Они живут рядом со мной — страница 2 из 46

При всей внешней беззаботности медвежонок совсем не был бездомным бродягой. Каждое новое утро он, пожалуй, точно знал, куда идти, где и что искать. Когда над тайгой подолгу висели густые, холодные дожди, медведь направлялся в еловые заросли, где было посуше, и ворошил муравейники. Но вот после крепкого ветра с листвы облетела вчерашняя непогода, над ручьем поднимался высокий теплый туман погожего летнего дня, и медведь тут же оказывался в малиннике и ползал там по проложенным ранее тропам около самых ягодных кустов.

Постепенно я изучил пристрастия моего рассудительного приятеля и, присматриваясь к утреннему небу, всегда точно знал, где отыскать его именно сегодня. Заметив издали медвежонка, я прятался за деревьями и подолгу любовался его неторопливыми, расчетными движениями… Но иногда уверенность, с которой будущий хозяин только что ворошил подгнивший пень или подопревший березовый ствол, вдруг пропадала. Медвежонок неожиданно останавливался, растерянно озирался по сторонам, испуганно водил носом, узнавал что-то неприятное для себя и опасливо пятился назад. Потом резко поворачивался на задних лапах и поспешно исчезал в лесу.

Я в таком случае всегда внимательно исследовал «опасное место» и всегда точно устанавливал одну и ту же причину несолидного побега — на пути моего медвежонка попались свежие следы его мамаши.

Я часто слышал и видел эту тяжелую сумрачную медведицу и еще год тому назад успел познакомиться с ее несговорчивым характером. Этой весной я снова встретил следы старой знакомой и был приятно удивлен — медведица оказалась исключительно постоянным животным.
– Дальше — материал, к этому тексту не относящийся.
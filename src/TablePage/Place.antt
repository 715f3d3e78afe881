-- ===== src/TablePage/Place.antt =====
-- The writes of `ApplyDelete` and `UpdateTuple` of storage/access/table_page.go in front of the loop over
-- the offsets: the bytes in front of the tuple move, the free space pointer moves, the new bytes and
-- the new size are written. The loop then gives the page on which the tuple is replaced.
use samehada_db.Base.{
  ℕ, ◌+◌, ◌-◌, ◌*◌, ◌≤◌, ◌<◌, List, length, leb, ltb, true, false, ◌&&◌, if◌then◌else◌, ◌≡◌, refl,
  arith, get_or, ◌≢◌, ◌⊎◌, inl, inr, ap, ◌∙◌, sym, Bool-cases,
}
use samehada_db.Bytes.{le32, slice, word32}
use samehada_db.Bytes.Slices.{
  length-copy_at, get_or-copy_at, length-slice, get_or-slice, get_or-past,
}
use samehada_db.Bytes.Words.{word32-copy_self, word32-copy_ne}
use samehada_db.Page.{Page}
use samehada_db.Page.Slots.{fsp_of, count_of, offset_of, size_of, IsPage, patch}
use samehada_db.TablePage.View.{plain_size, IsUsed, IsSound}
use samehada_db.TablePage.Moves.{Moves}
use samehada_db.TablePage.Replaced.{Replaced}

pub record Placed (p r : Page) (slot : ℕ) (bytes : List ℕ) : Type 0 where
  pub page : IsPage r
  pub pointer : fsp_of r + length bytes ≡ fsp_of p + plain_size p slot
  pub count : count_of r ≡ count_of p
  pub own_size : size_of r slot ≡ length bytes
  pub size : (i : ℕ) → i ≢ slot → i < count_of p → size_of r i ≡ size_of p i
  pub offset : (i : ℕ) → i ≢ slot → i < count_of p → offset_of r i ≡ offset_of p i
  pub front_byte :
      (j k : ℕ)
      → fsp_of p ≤ j
      → j < offset_of p slot
      → k + length bytes ≡ j + plain_size p slot
      → get_or r.bytes k 0 ≡ get_or p.bytes j 0
  pub behind_byte :
      (j : ℕ) → offset_of p slot + plain_size p slot ≤ j → get_or r.bytes j 0 ≡ get_or p.bytes j 0
  pub own_byte :
      (j k : ℕ)
      → k < length bytes
      → j + length bytes ≡ offset_of p slot + plain_size p slot + k
      → get_or r.bytes j 0 ≡ get_or bytes k 0

module _ (p : Page) (slot : ℕ) (bytes : List ℕ) (s : IsSound p) (u : IsUsed p slot) where
  -- The loop moves every tuple in front by the difference of the sizes, and none behind.
  pub Replaced-Moves :
      (r q : Page) (move : ℕ → ℕ → ℕ)
      → 24 + 8 * count_of p + length bytes ≤ fsp_of p + plain_size p slot
      → Placed p r slot bytes
      → Moves move r q 0 (count_of p) (24 + 8 * count_of p)
      → (length bytes ≢ 0
          → move (offset_of r slot) (length bytes) + length bytes
            ≡ offset_of p slot + plain_size p slot)
      → ((x z : ℕ)
          → z ≢ 0
          → fsp_of p ≤ x
          → x < offset_of p slot
          → move x z + length bytes ≡ x + plain_size p slot)
      → ((x z : ℕ) → offset_of p slot + plain_size p slot ≤ x → move x z ≡ x)
      → Replaced p q slot bytes
  Replaced-Moves r q move room w m own front behind = record {
    page = m.page;
    pointer = omega (arith, m.pointer, w.pointer);
    count = m.count ∙ w.count;
    own_size = m.size slot ∙ w.own_size;
    own_offset =
        λ h. at slot u.0 ∙ ap (λ z. move (offset_of r slot) z + length bytes) w.own_size ∙ own h;
    size = λ i ne h. m.size i ∙ w.size i ne h;
    front = λ i ne v h.
        at i v.0
        ∙ ap (λ x. move x (size_of r i) + length bytes) (w.offset i ne v.0)
        ∙ front (offset_of p i) (size_of r i) (λ z. v.1 (sym (w.size i ne v.0) ∙ z))
            (s.inside i v).0 h;
    behind = λ i ne v h.
        here i v.0
        ∙ ap (λ x. move x (size_of r i)) (w.offset i ne v.0)
        ∙ behind (offset_of p i) (size_of r i) h;
    front_byte = λ j k a b e. m.byte k (omega arith) ∙ w.front_byte j k a b e;
    behind_byte = λ j h. m.byte j (omega (arith, s.inside slot u, s.slots_fit)) ∙ w.behind_byte j h;
    own_byte = λ j k h e. m.byte j (omega (arith, s.inside slot u)) ∙ w.own_byte j k h e;
  }
    where
      here : (i : ℕ) → i < count_of p → offset_of q i ≡ move (offset_of r i) (size_of r i)
      here i h =
          let range : (leb 0 i && ltb i (0 + count_of p)) ≡ true = ground arith in
          m.offset i ∙ rw range refl

      at :
          (i : ℕ)
          → i < count_of p
          → offset_of q i + length bytes ≡ move (offset_of r i) (size_of r i) + length bytes
      at i h = ap (λ x. x + length bytes) (here i h)

module _ (p : Page) (slot f' o' : ℕ) (bytes : List ℕ) (s : IsSound p) (u : IsUsed p slot)
    (start : f' + length bytes ≡ fsp_of p + plain_size p slot)
    (end : o' + length bytes ≡ offset_of p slot + plain_size p slot)
    (room : 24 + 8 * count_of p ≤ f') where
  abbrev front_of : List ℕ
  front_of = slice (fsp_of p) (offset_of p slot) p.bytes

  abbrev pub copied : Page
  copied = patch p f' front_of

  abbrev pub pointed : Page
  pointed = patch copied 16 (le32 f')

  abbrev pub filled_in : Page
  filled_in = patch pointed o' bytes

  abbrev pub placed : Page
  placed = patch filled_in (28 + 8 * slot) (le32 (length bytes))

  pub IsPage-copied : IsPage copied
  IsPage-copied = length-copy_at f' front_of p.bytes ∙ s.page

  pub IsPage-pointed : IsPage pointed
  IsPage-pointed = length-copy_at 16 (le32 f') copied.bytes ∙ IsPage-copied

  pub IsPage-filled_in : IsPage filled_in
  IsPage-filled_in = length-copy_at o' bytes pointed.bytes ∙ IsPage-pointed

  four : (v : ℕ) → length (le32 v) ≡ 4
  four v = unfold le32 in refl

  IsPage-placed : IsPage placed
  IsPage-placed =
      length-copy_at (28 + 8 * slot) (le32 (length bytes)) filled_in.bytes ∙ IsPage-filled_in

  -- A word of the header or of a slot, other than the two that are written.
  word-placed :
      (at : ℕ)
      → (at + 4 ≤ 16) ⊎ (20 ≤ at)
      → at + 4 ≤ f'
      → (at + 4 ≤ 28 + 8 * slot) ⊎ (32 + 8 * slot ≤ at)
      → word32 placed.bytes at ≡ word32 p.bytes at
  word-placed at a b c =
      word32-copy_ne (28 + 8 * slot) (le32 (length bytes)) filled_in.bytes at
        (ground (arith, four (length bytes)))
      ∙ word32-copy_ne o' bytes pointed.bytes at (inl (omega (arith, s.inside slot u)))
      ∙ word32-copy_ne 16 (le32 f') copied.bytes at (ground (arith, four f'))
      ∙ word32-copy_ne f' front_of p.bytes at (inl b)

  length-front_of : length front_of ≡ offset_of p slot - fsp_of p
  length-front_of =
      omega (arith, length-slice (fsp_of p) (offset_of p slot) p.bytes, s.page, s.inside slot u)

  byte-copied :
      (j : ℕ)
      → f' ≤ j
      → j < 4096
      → get_or copied.bytes j 0
        ≡ (if ltb j o' then get_or p.bytes (fsp_of p + (j - f')) 0 else get_or p.bytes j 0)
  byte-copied j h k =
      let inside = s.inside slot u in
      ground (
        arith,
        get_or-copy_at f' front_of p.bytes j,
        get_or-slice (fsp_of p) (offset_of p slot) p.bytes (j - f'),
        length-front_of,
        s.page,
        inside,
      )

  byte-placed :
      (j : ℕ)
      → f' ≤ j
      → j < 4096
      → get_or placed.bytes j 0 ≡ (
          if leb o' j && ltb j (o' + length bytes)
          then get_or bytes (j - o') 0
          else if ltb j o'
          then get_or p.bytes (fsp_of p + (j - f')) 0
          else get_or p.bytes j 0)
  byte-placed j h k = ground (
    arith,
    get_or-copy_at (28 + 8 * slot) (le32 (length bytes)) filled_in.bytes j,
    get_or-copy_at o' bytes pointed.bytes j,
    get_or-copy_at 16 (le32 f') copied.bytes j,
    byte-copied j h k,
    four f',
    four (length bytes),
    IsPage-pointed,
    u.0,
  )

  pointer-placed : fsp_of placed ≡ f'
  pointer-placed =
      word32-copy_ne (28 + 8 * slot) (le32 (length bytes)) filled_in.bytes 16 (inl (omega arith))
      ∙ word32-copy_ne o' bytes pointed.bytes 16 (inl (omega (arith, s.inside slot u)))
      ∙ word32-copy_self 16 f' copied.bytes (omega (arith, IsPage-copied))
      ∙ omega (arith, s.inside slot u)

  behind-placed :
      (j : ℕ)
      → offset_of p slot + plain_size p slot ≤ j
      → get_or placed.bytes j 0 ≡ get_or p.bytes j 0
  behind-placed j h = elim (Bool-cases (ltb j 4096)) [
    | inl on ↦ ground (arith, byte-placed j (omega (arith, s.inside slot u)) (ground arith))
    | inr off ↦
        get_or-past placed.bytes j (ground (arith, IsPage-placed))
        ∙ sym (get_or-past p.bytes j (ground (arith, s.page)))
  ]

  front-placed :
      (j k : ℕ)
      → fsp_of p ≤ j
      → j < offset_of p slot
      → k + length bytes ≡ j + plain_size p slot
      → get_or placed.bytes k 0 ≡ get_or p.bytes j 0
  front-placed j k a b e =
      let inside = s.inside slot u in
      let at : fsp_of p + (k - f') ≡ j = omega arith in
      let low : (leb o' k && ltb k (o' + length bytes)) ≡ false = ground arith in
      let here : ltb k o' ≡ true = ground arith in
      byte-placed k (omega arith) (omega arith) ∙ rw low (rw here (ap (λ i. get_or p.bytes i 0) at))

  own-placed :
      (j k : ℕ)
      → k < length bytes
      → j + length bytes ≡ offset_of p slot + plain_size p slot + k
      → get_or placed.bytes j 0 ≡ get_or bytes k 0
  own-placed j k h e =
      let inside = s.inside slot u in
      let at : j - o' ≡ k = omega arith in
      let here : (leb o' j && ltb j (o' + length bytes)) ≡ true = ground arith in
      byte-placed j (omega arith) (omega arith) ∙ rw here (ap (λ i. get_or bytes i 0) at)

  pub Placed-placed : Placed p placed slot bytes
  Placed-placed = record {
    page = IsPage-placed;
    pointer = ap (λ n. n + length bytes) pointer-placed ∙ start;
    count = word-placed 20 (inr (omega arith)) (omega arith) (inl (omega arith));
    own_size =
        word32-copy_self (28 + 8 * slot) (length bytes) filled_in.bytes
          (omega (arith, IsPage-filled_in, u.0, s.slots_fit, s.pointer_fits))
        ∙ omega (arith, s.inside slot u);
    size = λ i ne h. word-placed (28 + 8 * i) (inr (omega arith)) (omega arith) (ground arith);
    offset = λ i ne h. word-placed (24 + 8 * i) (inr (omega arith)) (omega arith) (ground arith);
    front_byte = front-placed;
    behind_byte = behind-placed;
    own_byte = own-placed;
  }

  -- The own slot's offset is still the old one.
  pub offset-placed_self : offset_of placed slot ≡ offset_of p slot
  offset-placed_self =
      word-placed (24 + 8 * slot) (inr (omega arith)) (omega (arith, u.0)) (inl (omega arith))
Она благополучно перезимовала в теплой берлоге и опять вернулась в старый «дом». Медведица не забыла знакомые места — она бродила по тем же самым тропам, выходила к воде точно там, где я встречал ее прошлым летом, только теперь рядом с ней крутились два крошечных медвежонка.

Эти медвежата родились только в этом году. Весной, когда первая вешняя вода заглянула в берлогу, медвежата вместе с матерью выбрались из зимней квартиры и впервые увидели свет солнца.

В прошлом году этих медвежат еще не было, и в прошлом году рядом с медведицей я видел других ее детей, годом постарше. Сейчас прошлогодние медвежата выросли, и мать-медведица, пожалуй, еще с прошлой осени отправила их в самостоятельную дорогу, отказавшись принять их на зиму в берлогу, где вот-вот должны были появиться новые малыши.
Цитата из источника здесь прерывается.